Please repeat, exactly as written, the line containing "-- which has" and every line after it through the end of the records below.
---- RECORDS FOR PROCESSING
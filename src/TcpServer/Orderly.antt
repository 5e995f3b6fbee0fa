-- ===== src/TcpServer/Orderly.antt =====
-- The life of each connection of a server, over any interleaving.
use netfish.Prelude.{ℕ, ◌+◌, ◌≡◌, ◌≤◌, ◌⊎◌, inl, inr, ap, true, List, ◌∷◌, ◌++◌, some, arith, ok}
use netfish.Channel.{enable_reading, disable_all}
use netfish.TcpConnection.{
  TcpConnection, connected, disconnected, connection_up, connection_down, call, connect_established,
  connect_destroyed,
}
use netfish.TcpConnection.Reading.{IsUp}
use netfish.TcpServer.{TcpServer, Connection, Task, establish, destroy, remove_connection_in_loop}
use netfish.TcpServer.Lifecycle.{
  System, writes, sends, shuts, reads, Work, MayCome, do_work, is_watched, IsInTime, HasNoLateSend,
  accepts, establishes, works, closes, removes, destroys, Reachable, begin, next,
}
use netfish.TcpServer.Totals.{total, has_id, opens, ends, erase-total, has_id_self, total-take}
use netfish.TcpServer.Stages.{
  Life, unborn, opening, serving, closed, removed, gone, IsNew, IsCalm, opening_of, closed_of,
  removed_of,
}
use netfish.TcpServer.Running.{accepts-Life, establishes-Life, destroys-Life}
use netfish.TcpServer.Removing.{works-Life, closes-Life, removes-Life, without, remove_lem}

-- A message that comes in time comes to a connection that is watched.
in_time-IsCalm :
    (s : System) (k : ℕ) (w : Work) (c c' : TcpConnection) (p : s.conns k ≡ some c)
    (m : MayCome w c) (f : do_work w c ≡ ok c')
    → IsInTime (works s k w c c' p m f)
    → (is_watched c ≡ true) ⊎ IsCalm w
in_time-IsCalm s k (writes w) c c' p m f t = inr tt
in_time-IsCalm s k (sends w msg) c c' p m f t = inl t
in_time-IsCalm s k (shuts here) c c' p m f t = inr tt
in_time-IsCalm s k (reads x xs) c c' p m f t = inr tt

pub Reachable-Life : (s : System) (r : Reachable s) → HasNoLateSend r → (n : ℕ) → Life s n
unfolding HasNoLateSend
Reachable-Life s (begin _ (connections, tasks, closing, none_yet)) h n =
    unborn
      (record {
        opening = ap (total (opens n)) tasks;
        mapped = ap (total (has_id n)) connections;
        closing = ap (total (has_id n)) closing;
        destroying = ap (total (ends n)) tasks;
      })
      (none_yet n)
Reachable-Life s (next t _ r (accepts _ sockfd server c e f)) (h, in_time) n =
    accepts-Life t sockfd server c n e f (Reachable-Life t r h)
Reachable-Life s (next t _ r (establishes _ xs ys conn c c' e p f)) (h, in_time) n =
    establishes-Life t xs ys conn c c' n e p f (Reachable-Life t r h)
Reachable-Life s (next t _ r (works _ k w c c' p m f)) (h, in_time) n =
    works-Life t k w c c' n p m (in_time-IsCalm t k w c c' p m f in_time) f (Reachable-Life t r h)
Reachable-Life s (next t _ r (closes _ conn c c' p on f)) (h, in_time) n =
    closes-Life t conn c c' n p on f (Reachable-Life t r h)
Reachable-Life s (next t _ r (removes _ xs ys conn server e f)) (h, in_time) n =
    removes-Life t xs ys conn server n e f (Reachable-Life t r h)
Reachable-Life s (next t _ r (destroys _ xs ys conn c c' e p f)) (h, in_time) n =
    destroys-Life t xs ys conn c c' n e p f (Reachable-Life t r h)

-- No functor of connection `n` waits but one, and that once.
one_waits :
    (s : System) (n : ℕ)
    → Life s n
    → total (opens n) s.server.tasks + total (has_id n) s.closing + total (ends n) s.server.tasks
      ≤ 1
one_waits s n (unborn k _) = omega (arith, k.opening, k.closing, k.destroying)
one_waits s n (opening a) = omega (arith, a.counts.opening, a.counts.closing, a.counts.destroying)
one_waits s n (serving a) = omega (arith, a.counts.opening, a.counts.closing, a.counts.destroying)
one_waits s n (closed a) = omega (arith, a.counts.opening, a.counts.closing, a.counts.destroying)
one_waits s n (removed a) = omega (arith, a.counts.opening, a.counts.closing, a.counts.destroying)
one_waits s n (gone a) = omega (arith, a.counts.opening, a.counts.closing, a.counts.destroying)

established_ok :
    (c : TcpConnection) → IsNew c → (c' : TcpConnection) × (connect_established c ≡ ok c')
unfolding connect_established
established_ok c new = (
  call connection_up (record c { state = connected; channel = enable_reading c.channel }),
  ground (arith, new),
)

destroyed_ok : (c : TcpConnection) → IsUp c → (c' : TcpConnection) × (connect_destroyed c ≡ ok c')
unfolding connect_destroyed
destroyed_ok c up = (
  call connection_down
      (record c { state = disconnected; channel = disable_all c.channel; removed = true }),
  ground (arith, up),
)

-- What waits: an establishment or a destruction in the loop of a connection, or a removal.
pub data Waiting (s : System) : Type 0 where
  to_establish :
      (xs ys : List Task) (conn : Connection)
      → s.server.tasks ≡ xs ++ (establish conn ∷ ys)
      → Waiting s
  to_remove :
      (xs ys : List Connection) (conn : Connection) → s.closing ≡ xs ++ (conn ∷ ys) → Waiting s
  to_destroy :
      (xs ys : List Task) (conn : Connection)
      → s.server.tasks ≡ xs ++ (destroy conn ∷ ys)
      → Waiting s

abbrev pub id_of : (s : System) → Waiting s → ℕ
id_of s (to_establish xs ys conn e) = conn.conn_id
id_of s (to_remove xs ys conn e) = conn.conn_id
id_of s (to_destroy xs ys conn e) = conn.conn_id

-- How often the connection is in the map, and that the functor has no fault.
abbrev pub Succeeds : (s : System) → Waiting s → Type 0
Succeeds s (to_establish xs ys conn e) =
    (total (has_id conn.conn_id) s.server.connections ≡ 1)
    × ((c c' : TcpConnection) × (s.conns conn.conn_id ≡ some c) × (connect_established c ≡ ok c'))
Succeeds s (to_remove xs ys conn e) =
    (total (has_id conn.conn_id) s.server.connections ≡ 1)
    × ((server : TcpServer) × (remove_connection_in_loop true conn s.server ≡ ok server)
        × (total (has_id conn.conn_id) server.connections ≡ 0))
Succeeds s (to_destroy xs ys conn e) =
    (total (has_id conn.conn_id) s.server.connections ≡ 0)
    × ((c c' : TcpConnection) × (s.conns conn.conn_id ≡ some c) × (connect_destroyed c ≡ ok c'))

waiting_lem : (s : System) → ((n : ℕ) → Life s n) → (w : Waiting s) → Succeeds s w
waiting_lem s life (to_establish xs ys conn e) =
    let k = conn.conn_id in
    let waits = total-take (opens k) s.server.tasks xs (establish conn) ys e in
    let a = opening_of s k (omega (arith, waits, has_id_self conn)) (life k) in
    let (c', f) = established_ok a.conn a.known in (a.counts.mapped, (a.conn, c', a.there, f))
waiting_lem s life (to_remove xs ys conn e) =
    let k = conn.conn_id in
    let waits = total-take (has_id k) s.closing xs conn ys e in
    let a = closed_of s k (omega (arith, waits, has_id_self conn)) (life k) in
    let (one, rest) = erase-total k s.server.connections a.counts.mapped in
    (
      a.counts.mapped,
      (
        without conn s.server,
        remove_lem conn s.server one,
        omega (arith, rest k, a.counts.mapped, has_id_self conn),
      ),
    )
waiting_lem s life (to_destroy xs ys conn e) =
    let k = conn.conn_id in
    let waits = total-take (ends k) s.server.tasks xs (destroy conn) ys e in
    let a = removed_of s k (omega (arith, waits, has_id_self conn)) (life k) in
    let (c', f) = destroyed_ok a.conn a.known in (a.counts.mapped, (a.conn, c', a.there, f))

-- In every state that a server and its connections can come to, in whatever order their loops run, as
-- long as no message reaches `sendInLoop` of a connection that is not watched, before its establishment
-- or after its close. A connection whose establishment waits is in the map, and is established without
-- a fault. A removal that waits takes its connection out of the map, and no assert fails. A connection
-- whose destruction waits is no longer in the map, and is destroyed without a fault. Nothing else of
-- these three waits for the same connection.
pub orderly :
    (s : System) (r : Reachable s)
    → HasNoLateSend r
    → (w : Waiting s)
    → Succeeds s w
      × (total (opens (id_of s w)) s.server.tasks
            + total (has_id (id_of s w)) s.closing
            + total (ends (id_of s w)) s.server.tasks
          ≤ 1)
orderly s r h w =
    let life = Reachable-Life s r h in
    (waiting_lem s life w, one_waits s (id_of s w) (life (id_of s w)))
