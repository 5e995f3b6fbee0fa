-- ===== src/TcpServer/Ends.antt =====
-- Every connection that a server has accepted can come to its end, from wherever it is.
use netfish.Prelude.{
  ℕ, ◌≡◌, ◌<◌, refl, ap, ◌∙◌, Bool-cases, inl, inr, true, false, List, [], ◌∷◌, ◌++◌, Option, some,
  ◌==◌, arith,
}
use netfish.Channel.{enable_reading, disable_all}
use netfish.TcpConnection.{
  TcpConnection, connected, disconnected, connection_up, connection_down, call, connect_established,
  connect_destroyed,
}
use netfish.TcpConnection.Reading.{IsUp, closed as after_close, handle_close_lem}
use netfish.TcpServer.{Connection, Task, establish, destroy}
use netfish.TcpServer.Lifecycle.{
  System, Step, establishes, closes, removes, destroys, Reachable, next, set_conn, HasNoLateSend,
}
use netfish.TcpServer.Totals.{total, has_id, opens, ends, total-append, erase-total, has_id_of}
use netfish.TcpServer.Stages.{
  Life, unborn, opening, serving, closed, removed, gone, At, IsNew, IsDown, closed_of, removed_of,
  serving_of,
}
use netfish.TcpServer.Running.{ran}
use netfish.TcpServer.Removing.{without, remove_lem}
use netfish.TcpServer.Orderly.{Reachable-Life}

pub data Steps : System → System → Type 0 where
  done : (s : System) → Steps s s
  onwards : (s t u : System) → Step s t → Steps t u → Steps s u

-- Steps after which connection `n` is there and down.
abbrev pub Ends : System → ℕ → Type 0
Ends s n = (s' : System) × Steps s s' × (c : TcpConnection) × (s'.conns n ≡ some c) × IsDown c

first_step : {s t : System} {n : ℕ} → Step s t → Ends t n → Ends s n
first_step {s} {t} step (u, steps, c, there, down) = (u, onwards s t u step steps, c, there, down)

-- A list that counts a connection has a place where it stands.
find_conn :
    (n : ℕ) (cs : List Connection)
    → 0 < total (has_id n) cs
    → (xs ys : List Connection) × (conn : Connection) × (conn.conn_id ≡ n)
      × (cs ≡ xs ++ (conn ∷ ys))
find_conn n [] h = absurd (omega (arith, h))
find_conn n (c ∷ cs) h = elim (Bool-cases (c.conn_id == n)) [
  | inl e ↦ ([], cs, c, ground (arith, e), refl)
  | inr e ↦
      let (xs, ys, conn, p, q) = find_conn n cs (omega (arith, rw e at h)) in
      (c ∷ xs, ys, conn, p, ap (λ l. c ∷ l) q)
]

find_opening :
    (n : ℕ) (ts : List Task)
    → 0 < total (opens n) ts
    → (xs ys : List Task) × (conn : Connection) × (conn.conn_id ≡ n)
      × (ts ≡ xs ++ (establish conn ∷ ys))
find_opening n [] h = absurd (omega (arith, h))
find_opening n (establish c ∷ ts) h = elim (Bool-cases (c.conn_id == n)) [
  | inl e ↦ ([], ts, c, ground (arith, e), refl)
  | inr e ↦
      let (xs, ys, conn, p, q) = find_opening n ts (omega (arith, rw e at h)) in
      (establish c ∷ xs, ys, conn, p, ap (λ l. establish c ∷ l) q)
]
find_opening n (destroy c ∷ ts) h =
    let (xs, ys, conn, p, q) = find_opening n ts (omega (arith, h)) in
    (destroy c ∷ xs, ys, conn, p, ap (λ l. destroy c ∷ l) q)

find_ending :
    (n : ℕ) (ts : List Task)
    → 0 < total (ends n) ts
    → (xs ys : List Task) × (conn : Connection) × (conn.conn_id ≡ n)
      × (ts ≡ xs ++ (destroy conn ∷ ys))
find_ending n [] h = absurd (omega (arith, h))
find_ending n (destroy c ∷ ts) h = elim (Bool-cases (c.conn_id == n)) [
  | inl e ↦ ([], ts, c, ground (arith, e), refl)
  | inr e ↦
      let (xs, ys, conn, p, q) = find_ending n ts (omega (arith, rw e at h)) in
      (destroy c ∷ xs, ys, conn, p, ap (λ l. destroy c ∷ l) q)
]
find_ending n (establish c ∷ ts) h =
    let (xs, ys, conn, p, q) = find_ending n ts (omega (arith, h)) in
    (establish c ∷ xs, ys, conn, p, ap (λ l. establish c ∷ l) q)

set_there :
    (k n : ℕ) (c : TcpConnection) (conns : ℕ → Option TcpConnection)
    → k ≡ n
    → set_conn k c conns n ≡ some c
set_there k n c conns p = ground (arith, p)

removed-Ends : (s : System) (n : ℕ) → At s n 0 0 0 1 IsUp false → Ends s n
unfolding connect_destroyed
removed-Ends s n a =
    let (xs, ys, conn, p, q) = find_ending n s.server.tasks (omega (arith, a.counts.destroying)) in
    let c' : TcpConnection = call connection_down (record a.conn {
      state = disconnected;
      channel = disable_all a.conn.channel;
      removed = true;
    }) in
    let t = ran s (xs ++ ys) conn.conn_id c' in
    (
      t,
      onwards s t t
          (destroys s xs ys conn a.conn c' q (ap s.conns p ∙ a.there) (ground (arith, a.known)))
          (done t),
      c',
      set_there conn.conn_id n c' s.conns p,
      refl,
    )

closed-Ends :
    (s : System) (n : ℕ) (r : Reachable s) → HasNoLateSend r → At s n 0 1 1 0 IsUp false → Ends s n
unfolding HasNoLateSend
closed-Ends s n r h a =
    let (xs, ys, conn, p, q) = find_conn n s.closing (omega (arith, a.counts.closing)) in
    let mapped : total (has_id conn.conn_id) s.server.connections ≡ 1 = rw p a.counts.mapped in
    let (one, _) = erase-total conn.conn_id s.server.connections mapped in
    let t : System = record s { server = without conn s.server; closing = xs ++ ys } in
    let step : Step s t =
      removes s xs ys conn (without conn s.server) q (remove_lem conn s.server one) in
    let waits : 0 < total (ends n) t.server.tasks =
      omega (arith, total-append (ends n) s.server.tasks (destroy conn ∷ []), has_id_of n conn p) in
    first_step step
      (removed-Ends t n (removed_of t n waits (Reachable-Life t (next s t r step) (h, tt) n)))

serving-Ends :
    (s : System) (n : ℕ) (r : Reachable s) → HasNoLateSend r → At s n 0 1 0 0 IsUp true → Ends s n
unfolding HasNoLateSend
serving-Ends s n r h a =
    let (_, _, conn, p, _) = find_conn n s.server.connections (omega (arith, a.counts.mapped)) in
    let c' = after_close a.conn in
    let t : System = record s {
      conns = set_conn conn.conn_id c' s.conns;
      closing = s.closing ++ (conn ∷ []);
    } in
    let step : Step s t =
      closes s conn a.conn c' (ap s.conns p ∙ a.there) (ground (arith, a.watch))
        (handle_close_lem a.conn a.known) in
    let waits : 0 < total (has_id n) t.closing =
      omega (arith, total-append (has_id n) s.closing (conn ∷ []), has_id_of n conn p) in
    let r' = next s t r step in
    first_step step
      (closed-Ends t n r' (h, tt) (closed_of t n waits (Reachable-Life t r' (h, tt) n)))

opening-Ends :
    (s : System) (n : ℕ) (r : Reachable s) → HasNoLateSend r → At s n 1 1 0 0 IsNew false → Ends s n
unfolding connect_established enable_reading HasNoLateSend
opening-Ends s n r h a =
    let (xs, ys, conn, p, q) = find_opening n s.server.tasks (omega (arith, a.counts.opening)) in
    let c' : TcpConnection =
      call connection_up
        (record a.conn { state = connected; channel = enable_reading a.conn.channel }) in
    let t = ran s (xs ++ ys) conn.conn_id c' in
    let step : Step s t =
      establishes s xs ys conn a.conn c' q (ap s.conns p ∙ a.there) (ground (arith, a.known)) in
    let r' = next s t r step in
    first_step step (
      serving-Ends t n r' (h, tt)
        (serving_of t n c' (set_there conn.conn_id n c' s.conns p) refl
          (Reachable-Life t r' (h, tt) n)))

-- From every state that a server and its connections can come to, as long as no message reaches
-- `sendInLoop` of a connection that is not watched, before its establishment or after its close: each
-- connection that the server has accepted can be brought down by steps that are possible one after the
-- other, so that none of its establishment, its close, its removal and its destruction is ever stuck.
pub conn-Ends :
    (s : System) (n : ℕ) (c : TcpConnection) (r : Reachable s)
    → HasNoLateSend r
    → s.conns n ≡ some c
    → Ends s n
conn-Ends s n c r h e = by_life (Reachable-Life s r h n)
  where
    by_life : Life s n → Ends s n
    by_life (unborn _ q) = absurd (cc)
    by_life (opening a) = opening-Ends s n r h a
    by_life (serving a) = serving-Ends s n r h a
    by_life (closed a) = closed-Ends s n r h a
    by_life (removed a) = removed-Ends s n a
    by_life (gone a) = (s, done s, a.conn, a.there, a.known)
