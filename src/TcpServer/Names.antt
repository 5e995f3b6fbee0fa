-- ===== src/TcpServer/Names.antt =====
-- TcpServer.cc: the names of a server's connections.
use netfish.Prelude.{ℕ, ◌^◌, ◌<◌, ◌≡◌, refl, sym, ap, ◌∙◌, List, [], ◌∷◌, ◌++◌, arith, take_all}
use netfish.Prelude.Decimal.{decimal, snprintf, value_from, value-decimal, length-decimal}

-- `name` is the server's.
unfoldable pub conn_name : List ℕ → ℕ → List ℕ
conn_name name conn_id = name ++ snprintf 32 (b'#' ∷ decimal conn_id)

-- The number that a name ends in, behind as many bytes as the server's name has and the `#`.
abbrev pub number_of : List ℕ → List ℕ → ℕ
number_of [] [] = 0
number_of [] (c ∷ cs) = value_from 0 cs
number_of (x ∷ xs) [] = 0
number_of (x ∷ xs) (c ∷ cs) = number_of xs cs

number_of-append : (name rest : List ℕ) → number_of name (name ++ (b'#' ∷ rest)) ≡ value_from 0 rest
number_of-append [] rest = refl
number_of-append (x ∷ xs) rest = number_of-append xs rest

-- The number of a connection comes back from its name, as long as it fits an `int`.
pub conn_name-number_of :
    (name : List ℕ) (conn_id : ℕ)
    → conn_id < 2 ^ 31
    → number_of name (conn_name name conn_id) ≡ conn_id
unfolding conn_name snprintf
conn_name-number_of name conn_id h =
    ap (λ t. number_of name (name ++ t))
      (take_all 31 (b'#' ∷ decimal conn_id) (omega (arith, length-decimal conn_id 9 (omega arith))))
    ∙ number_of-append name (decimal conn_id)
    ∙ value-decimal conn_id

-- So two connections of a server have one name only if they have one number.
pub conn_name_injective :
    (name : List ℕ) (a b : ℕ)
    → a < 2 ^ 31
    → b < 2 ^ 31
    → conn_name name a ≡ conn_name name b
    → a ≡ b
conn_name_injective name a b h k e =
    sym (conn_name-number_of name a h) ∙ ap (number_of name) e ∙ conn_name-number_of name b k
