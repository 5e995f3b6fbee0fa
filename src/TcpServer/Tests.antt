-- ===== src/TcpServer/Tests.antt =====
-- A server with two connections.
use netfish.Prelude.{
  ℕ, ◌+◌, ◌≤◌, ◌≡◌, refl, inl, none, true, [], ◌∷◌, ◌++◌, ok, err, assertion_failed, arith,
}
use netfish.Prelude.Int.{pos}
use netfish.ThreadPool.{ThreadPool, get_next_loop, take_turn}
use netfish.TcpServer.{
  assign, TcpServer, Connection, establish, destroy, new_connection, remove_connection_in_loop,
}
use netfish.Channel.{
  is_writing, enable_writing, disable_all, handle_event, on_close, on_error, on_write,
}
use netfish.Buffer.{append, make_room, ensure_writable_bytes, has_written}
use netfish.TcpConnection.{
  TcpConnection, no_write, send_in_loop, write_now, keep_rest, handle_close, closing,
}
use netfish.TcpConnection.Reading.{closed}
use netfish.TcpConnection.Opening.{made, made_lem}
use netfish.TcpConnection.Sample.{quiet, empty_buffer}
use netfish.TcpServer.Lifecycle.{System, HasNoLateSend, Reachable, begin, next, accepts, set_conn}
use netfish.TcpServer.Totals.{total, has_id, opens, ends}
use netfish.TcpServer.Orderly.{Succeeds, to_establish, orderly}
use netfish.TcpServer.Ends.{Ends, conn-Ends}
use netfish.TcpServer.ClosedTwice.{hung_up, closed_twice}
use netfish.TcpServer.Connections.{IsValid, Lacks, new_connection_lem, remove_connection_lem}

abbrev pool : ℕ → ThreadPool
pool turn = record {
  base_loop = 1;
  started = true;
  num_threads = pos 2;
  next = turn;
  threads = 20 ∷ 21 ∷ [];
  loops = 10 ∷ 11 ∷ [];
}

abbrev first : Connection
first = record { conn_id = 1; io_loop = 10; sockfd = 5 }

abbrev second : Connection
second = record { conn_id = 2; io_loop = 11; sockfd = 6 }

abbrev server : TcpServer
server = record {
  thread_pool = pool 0;
  started = true;
  listening = true;
  next_conn_id = 3;
  connections = first ∷ second ∷ [];
  tasks = [];
}

server-IsValid : IsValid server
server-IsValid = record {
  below = (omega arith, (omega arith, tt));
  distinct = (((λ e. omega (arith, e)), tt), (tt, tt));
}

next_loop : get_next_loop true (pool 0) ≡ ok (10, pool 1)
unfolding get_next_loop take_turn
next_loop = refl

third_accepted :
    (s' : TcpServer) × (new_connection true 7 server ≡ ok s')
    × IsValid s'
    × (let conn : Connection = record { conn_id = 3; io_loop = 10; sockfd = 7 } in
        (s'.connections ≡ (first ∷ second ∷ []) ++ (conn ∷ []))
        × (s'.tasks ≡ [] ++ (establish conn ∷ []))
        × Lacks 3 (first ∷ second ∷ []))
third_accepted = new_connection_lem 7 10 (pool 1) server server-IsValid (omega arith) next_loop

remove_connection_example :
    (s' : TcpServer) × (remove_connection_in_loop true first server ≡ ok s')
    × IsValid s'
    × (s'.connections ≡ second ∷ [])
    × (s'.tasks ≡ destroy first ∷ [])
    × (remove_connection_in_loop true first s' ≡ err assertion_failed)
remove_connection_example = remove_connection_lem first [] (second ∷ []) server server-IsValid refl

-- A server that has just been started, and the same server with a first connection.
abbrev started : System
started = record {
  server = record server { connections = []; next_conn_id = 1 };
  conns = λ n. none;
  closing = [];
}

abbrev third : Connection
third = record { conn_id = 1; io_loop = 10; sockfd = 7 }

abbrev one_accepted : System
one_accepted = record {
  server = record server {
    thread_pool = pool 1;
    connections = third ∷ [];
    next_conn_id = 2;
    tasks = establish third ∷ [];
  };
  conns = set_conn 1 (made 7) started.conns;
  closing = [];
}

accepted_third : new_connection true 7 started.server ≡ ok one_accepted.server
unfolding new_connection get_next_loop take_turn assign
accepted_third = refl

one_accepted-Reachable : Reachable one_accepted
one_accepted-Reachable =
    next started one_accepted (begin started (refl, refl, refl, λ n. refl))
      (accepts started 7 one_accepted.server (made 7) accepted_third (made_lem 7))

-- No message has been sent.
in_time : HasNoLateSend one_accepted-Reachable
unfolding HasNoLateSend one_accepted-Reachable
in_time = (tt, tt)

orderly_example :
    Succeeds one_accepted (to_establish [] [] third refl)
    × (total (opens 1) one_accepted.server.tasks
          + total (has_id 1) one_accepted.closing
          + total (ends 1) one_accepted.server.tasks
        ≤ 1)
orderly_example =
    orderly one_accepted one_accepted-Reachable in_time (to_establish [] [] third refl)

-- A connection with nothing to write that has been closed, and then sent one byte in vain.
abbrev reopened : TcpConnection
reopened = record (closed quiet) {
  output_buffer = record empty_buffer {
    buffer = 0 ∷ 0 ∷ 0 ∷ 0 ∷ 0 ∷ 0 ∷ 0 ∷ 0 ∷ 9 ∷ 0 ∷ 0 ∷ 0 ∷ [];
    writer_index = 9;
  };
  channel = enable_writing (disable_all quiet.channel);
}

sent_in_vain : send_in_loop no_write (9 ∷ []) (closed quiet) ≡ ok reopened
unfolding send_in_loop keep_rest write_now append is_writing disable_all ensure_writable_bytes
    has_written make_room
sent_in_vain = refl

closed_twice_example :
    (is_writing reopened.channel ≡ true)
    × (handle_event (record reopened.channel { revents = hung_up })
        ≡ on_close ∷ on_error ∷ on_write ∷ [])
    × (handle_close reopened ≡ ok (closed reopened))
    × ((closed reopened).calls ≡ [] ++ (closing ∷ closing ∷ []))
    × ((s' : TcpServer) × (remove_connection_in_loop true first server ≡ ok s')
        × (remove_connection_in_loop true first s' ≡ err assertion_failed))
closed_twice_example =
    closed_twice (9 ∷ []) quiet reopened first server (inl refl) refl refl refl (omega arith)
      sent_in_vain refl

conn-Ends_example : Ends one_accepted 1
conn-Ends_example = conn-Ends one_accepted 1 (made 7) one_accepted-Reachable in_time refl
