-- ===== src/Thread.antt =====
-- Thread.h and Thread.cc. `pthread_create` answers the id of the new thread, or that it failed. The
-- state has, with the object's own fields, how often pthreads were created, joined and detached.
pub mod Lifetime
mod Tests
use netfish.Prelude.{
  ℕ, suc, ◌+◌, Bool, true, false, not, ◌&&◌, Option, none, some, ◌==◌, if◌then◌else◌, Outcome, ok,
  err, fatal, assert, ◌>>=◌, ◌>>◌,
}

-- `tid`, by the thread's `t_cachedTid` and what `gettid` answers; the new `t_cachedTid` comes second.
unfoldable pub current_tid : ℕ → ℕ → ℕ × ℕ
current_tid cached gettid =
    let cached' : ℕ = if cached == 0 then gettid else cached in (cached', cached')

pub record Thread : Type 0 where
  pub tid : ℕ
  pub started : Bool
  pub joined : Bool
  pub pthread_id : ℕ
  pub creates : ℕ
  pub joins : ℕ
  pub detaches : ℕ

unfoldable pub new : Thread
new = record {
  tid = 0;
  started = false;
  joined = false;
  pthread_id = 0;
  creates = 0;
  joins = 0;
  detaches = 0;
}

unfoldable pub start : Option ℕ → Thread → Outcome Thread
start answer t = do
  assert (not t.started)
  elim answer [
    | none ↦ err fatal
    | some id ↦ ok (record t { started = true; pthread_id = id; creates = t.creates + 1 })
  ]

-- What the new thread does before it calls the function: it writes its number down, if the object,
-- which has the only `shared_ptr` to the place, is still there.
unfoldable pub run_in_thread : Bool → ℕ → Thread → Thread
run_in_thread alive tid t = record t { tid = if alive then tid else t.tid }

unfoldable pub join : Thread → Outcome Thread
join t = do
  assert t.started
  assert (not t.joined)
  ok (record t {
    joined = if t.pthread_id == 0 then t.joined else true;
    joins = if t.pthread_id == 0 then t.joins else t.joins + 1;
  })

-- The destructor.
unfoldable pub destroy : Thread → Thread
destroy t = record t { detaches = if t.started && not t.joined then t.detaches + 1 else t.detaches }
--------
OUTPUT OF THE EXERCISE =>
-- which has the only `shared_ptr` to the place, is still there.
unfoldable pub run_in_thread : Bool → ℕ → Thread → Thread
run_in_thread alive tid t = record t { tid = if alive then tid else t.tid }

unfoldable pub join : Thread → Outcome Thread
join t = do
  assert t.started
  assert (not t.joined)
  ok (record t {
    joined = if t.pthread_id == 0 then t.joined else true;
    joins = if t.pthread_id == 0 then t.joins else t.joins + 1;
  })

-- The destructor.
unfoldable pub destroy : Thread → Thread
destroy t = record t { detaches = if t.started && not t.joined then t.detaches + 1 else t.detaches }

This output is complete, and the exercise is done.